Required action -> Consider the entries given below. Count the lines that include "turned" and give only the count.
Start of Exercise data
-- ===== src/Osd/Argb/Steps.antt =====
-- Steps of the conversion, from one canvas to another.
use jrtplib4android.Prelude.{
  ℕ, ◌+◌, ◌*◌, ◌%◌, ◌<◌, ◌≤◌, ◌≡◌, refl, sym, ◌∙◌, ◌⊎◌, Option, some, List, arith, ◌==◌, ◌&&◌,
  false, true, length, set, length-set, subst,
}
use jrtplib4android.Prelude.Int.{ℤ}
use jrtplib4android.Prelude.Bytes.{◌>>=◌, put-in, get_elem?-in}
use jrtplib4android.Osd.Argb.{Canvas, luma, clamp, write_pair, convert_point}
use jrtplib4android.Osd.Argb.Points.{Written, lit-Written, coloured-Written}
use jrtplib4android.Osd.Frame.Picture.{luma_at, chroma_at, place-fits, rows-fit}
use jrtplib4android.Osd.Frame.Turn.{frame_size}

-- The loop variables after `n` points; both indexes of points are the same.
abbrev pub canvas : (n uv : ℕ) → List ℕ → Canvas
canvas n uv bytes = record { yuv420sp = bytes; y_index = n; uv_index = uv; index = n }

module _ (argb : List ℕ) (first second : ℕ → ℤ) (a b total : ℕ) where
  -- From the canvas of `n` and `uv`, `f` leads to that of `n'` and `uv'`.
  pub record Steps (f : Canvas → Option Canvas) (n uv n' uv' : ℕ) : Type 0 where
    pub leads :
        (bytes : List ℕ)
        → length bytes ≡ total
        → Written argb first second a b n uv bytes
        → (d : List ℕ) × (f (canvas n uv bytes) ≡ some (canvas n' uv' d))
          × (length d ≡ total)
          × Written argb first second a b n' uv' d

module _ {argb : List ℕ} {first second : ℕ → ℤ} {a b total : ℕ} {f : Canvas → Option Canvas}
    {n uv n1 uv1 : ℕ} where
  -- One after the other.
  pub Steps-then :
      {g : Canvas → Option Canvas} {n2 uv2 : ℕ}
      → Steps argb first second a b total f n uv n1 uv1
      → Steps argb first second a b total g n1 uv1 n2 uv2
      → Steps argb first second a b total (λ s. f s >>= g) n uv n2 uv2
  Steps-then one two = record {
    leads = λ bytes size w.
        let (d, ran, d_size, dw) = one.leads bytes size w in
        let (e, rest, e_size, ew) = two.leads d d_size dw in (e, rw ran rest, e_size, ew);
  }

  -- With the places written otherwise.
  pub Steps-eq :
      {n' uv' n1' uv1' : ℕ}
      → n' ≡ n
      → uv' ≡ uv
      → n1 ≡ n1'
      → uv1 ≡ uv1'
      → Steps argb first second a b total f n uv n1 uv1
      → Steps argb first second a b total f n' uv' n1' uv1'
  Steps-eq {n' = n'} {uv' = uv'} {n1' = n1'} {uv1' = uv1'} p q r s one =
      let S : ℕ → ℕ → ℕ → ℕ → Type 0 = Steps argb first second a b total f in
      subst (λ m. S m uv' n1' uv1') (sym p)
        (subst (λ m. S n m n1' uv1') (sym q)
          (subst (λ m. S n uv m uv1') r (subst (λ m. S n uv n1 m) s one)))

module _ (argb : List ℕ) (first second : ℕ → ℤ) (a b total : ℕ) where
  pub Steps-none :
      {n uv n1 uv1 : ℕ}
      → n ≡ n1
      → uv ≡ uv1
      → Steps argb first second a b total (λ s. some s) n uv n1 uv1
  Steps-none p q =
      Steps-eq refl refl p q (record { leads = λ bytes size w. (bytes, refl, size, w) })

  module _ (all : 2 * a * (2 * b) ≤ length argb) (room : frame_size a b ≤ total) where
    pub point_lit :
        (j n uv : ℕ)
        → (j % 2 ≡ 1) ⊎ (n % 2 ≡ 1)
        → n < 2 * a * (2 * b)
        → Steps argb first second a b total (convert_point argb first second j) n uv (n + 1) uv
    unfolding convert_point write_pair
    point_lit j n uv odd low = record {
      leads = λ bytes size w.
          let (v, found) = get_elem?-in argb n (omega arith) in
          let test : (((j % 2) == 0) && ((n % 2) == 0)) ≡ false = ground arith in
          (
            set bytes n (clamp (luma v)),
            rw (found, put-in bytes n (clamp (luma v)) (omega arith), test),
            length-set bytes n (clamp (luma v)) ∙ size,
            lit-Written argb first second a b n uv v bytes w found low (omega arith),
          );
    }

    pub point_coloured :
        (c r : ℕ)
        → c < a
        → r < b
        → Steps argb first second a b total
            (convert_point argb first second (2 * r))
            (luma_at a (2 * c) (2 * r))
            (chroma_at a b c r)
            (luma_at a (2 * c) (2 * r) + 1)
            (chroma_at a b c r + 2)
    unfolding convert_point write_pair
    point_coloured c r hc hr = record {
      leads = λ bytes size w.
          let n : ℕ = luma_at a (2 * c) (2 * r) in
          let low : n < 2 * a * (2 * b) =
            let e : 2 * b * (2 * a) ≡ 2 * a * (2 * b) = grind arith in
            omega
              (arith, e, place-fits (2 * r) (2 * b) (2 * a) (2 * c) (omega arith) (omega arith)) in
          let (v, found) = get_elem?-in argb n (omega arith) in
          let even : n ≡ 2 * (2 * r * a + c) = grind arith in
          let test : (((2 * r % 2) == 0) && ((n % 2) == 0)) ≡ true =
            let row : 2 * r % 2 ≡ 0 = omega arith in
            let column : n % 2 ≡ 0 = omega (arith, even) in ground arith in
          let lit : List ℕ = set bytes n (clamp (luma v)) in
          let lit_size : length lit ≡ total = length-set bytes n (clamp (luma v)) ∙ size in
          let fits : chroma_at a b c r + 1 < total =
            let e : b * (2 * a) ≡ 2 * a * b = grind arith in
            omega (arith, e, rows-fit r b (2 * a) hr) in
          let half : List ℕ = set lit (chroma_at a b c r) (clamp (first v)) in
          let half_size : length half ≡ total =
            length-set lit (chroma_at a b c r) (clamp (first v)) ∙ lit_size in
          (
            set half (chroma_at a b c r + 1) (clamp (second v)),
            rw (
              found,
              put-in bytes n (clamp (luma v)) (omega arith),
              test,
              put-in lit (chroma_at a b c r) (clamp (first v)) (omega (arith, lit_size)),
              put-in half (chroma_at a b c r + 1) (clamp (second v)) (omega (arith, half_size)),
            ),
            length-set half (chroma_at a b c r + 1) (clamp (second v)) ∙ half_size,
            coloured-Written argb first second a b (n + 1) c r v lit
                (lit-Written argb first second a b n (chroma_at a b c r) v bytes w found low
                  (omega arith))
                (omega arith) hc found (omega (arith, lit_size)),
          );
    }
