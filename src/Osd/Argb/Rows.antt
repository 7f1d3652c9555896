-- ===== src/Osd/Argb/Rows.antt =====
-- The loops of the conversion over a frame of `2 * a` by `2 * b` points.
use jrtplib4android.Prelude.{
  ℕ, zero, suc, ◌+◌, ◌*◌, ◌%◌, ◌<◌, ◌≤◌, ◌≡◌, refl, ap, inl, inr, Option, List, arith, length,
  subst,
}
use jrtplib4android.Prelude.Int.{ℤ}
use jrtplib4android.Osd.Argb.{Canvas, convert_row, convert_rows}
use jrtplib4android.Osd.Argb.Steps.{
  Steps, Steps-then, Steps-eq, Steps-none, point_lit, point_coloured,
}
use jrtplib4android.Osd.Frame.Picture.{luma_at, chroma_at, place-fits, rows-fit}
use jrtplib4android.Osd.Frame.Turn.{frame_size}

module _ (argb : List ℕ) (first second : ℕ → ℤ) (a b total : ℕ)
    (all : 2 * a * (2 * b) ≤ length argb) (room : frame_size a b ≤ total) where
  abbrev Leads : (Canvas → Option Canvas) → (n uv n' uv' : ℕ) → Type 0
  Leads = Steps argb first second a b total

  turned : 2 * b * (2 * a) ≡ 2 * a * (2 * b)
  turned = grind arith

  -- A row without colours, and the rest of a row with colours from square `c` on.
  odd_row :
      (j k n uv : ℕ)
      → j % 2 ≡ 1
      → n + k ≤ 2 * a * (2 * b)
      → Leads (convert_row argb first second j k) n uv (n + k) uv
  unfolding convert_row
  odd_row j zero n uv odd low = Steps-none argb first second a b total (omega arith) refl
  odd_row j (suc k) n uv odd low = Steps-eq refl refl (omega arith) refl (
      Steps-then (point_lit argb first second a b total all room j n uv (inl odd) (omega arith))
        (odd_row j k (n + 1) uv odd (omega arith)))

  even_row :
      (m c r : ℕ)
      → c + m ≡ a
      → r < b
      → Leads
          (convert_row argb first second (2 * r) (2 * m))
          (luma_at a (2 * c) (2 * r))
          (chroma_at a b c r)
          (luma_at a (2 * a) (2 * r))
          (chroma_at a b a r)
  unfolding convert_row
  even_row zero c r last hr = Steps-none argb first second a b total (omega arith) (omega arith)
  even_row (suc m) c r last hr =
      let twice : suc (suc (2 * m)) ≡ 2 * suc m = omega arith in
      let n : ℕ = luma_at a (2 * c) (2 * r) in
      let uv : ℕ = chroma_at a b c r in
      let even : n ≡ 2 * (2 * r * a + c) = grind arith in
      let low : n + 1 < 2 * a * (2 * b) = omega (
        arith,
        turned,
        place-fits (2 * r) (2 * b) (2 * a) (2 * c + 1) (omega arith) (omega arith),
      ) in
      subst
        (λ k.
          Leads (convert_row argb first second (2 * r) k) n uv (luma_at a (2 * a) (2 * r))
            (chroma_at a b a r))
        twice
        (Steps-then (point_coloured argb first second a b total all room c r (omega arith) hr) (
          Steps-then
            (point_lit argb first second a b total all room (2 * r) (n + 1) (uv + 2)
              (inr (omega (arith, even))) low)
            (Steps-eq (omega arith) (omega arith) refl refl
              (even_row m (c + 1) r (omega arith) hr))))

  rows :
      (m r : ℕ)
      → r + m ≡ b
      → Leads
          (convert_rows argb first second (2 * a) (2 * m) (2 * r))
          (luma_at a 0 (2 * r))
          (chroma_at a b 0 r)
          (luma_at a 0 (2 * b))
          (chroma_at a b 0 b)
  unfolding convert_rows
  rows zero r last =
      let e : r ≡ b = omega arith in
      Steps-none argb first second a b total (ap (λ i. luma_at a 0 (2 * i)) e)
        (ap (λ i. chroma_at a b 0 i) e)
  rows (suc m) r last =
      let twice : suc (suc (2 * m)) ≡ 2 * suc m = omega arith in
      let next : 2 * (r + 1) ≡ 2 * r + 1 + 1 = omega arith in
      let uv : ℕ = chroma_at a b a r in
      let width : ℕ = 2 * a in
      let end : ℕ = luma_at a width (2 * r) in
      let below : end + width ≡ luma_at a 0 (2 * (r + 1)) = grind arith in
      let colours : uv ≡ chroma_at a b 0 (r + 1) = grind arith in
      let low : end + width ≤ 2 * a * (2 * b) =
        let f : (2 * r + 1) * (2 * a) ≡ 2 * r * (2 * a) + 2 * a = grind arith in
        omega (arith, turned, f, rows-fit (2 * r + 1) (2 * b) (2 * a) (omega arith)) in
      subst
        (λ k.
          Leads (convert_rows argb first second width k (2 * r)) (luma_at a 0 (2 * r))
            (chroma_at a b 0 r) (luma_at a 0 (2 * b)) (chroma_at a b 0 b))
        twice
        (Steps-then (even_row a 0 r (omega arith) (omega arith)) (
          Steps-then (odd_row (2 * r + 1) width end uv (omega arith) low) (
            subst
              (λ j.
                Leads (convert_rows argb first second width (2 * m) j) (end + width) uv
                  (luma_at a 0 (2 * b)) (chroma_at a b 0 b))
              next (Steps-eq below colours refl refl (rows m (r + 1) (omega arith))))))

  -- All rows.
  pub frame_rows :
      Steps argb first second a b total
        (convert_rows argb first second (2 * a) (2 * b) 0)
        0
        (2 * a * (2 * b))
        (2 * a * (2 * b))
        (frame_size a b)
  frame_rows =
      Steps-eq (grind arith) (grind arith) (grind arith) (grind arith) (rows b 0 (omega arith))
End of Exercise data
Answer -> 4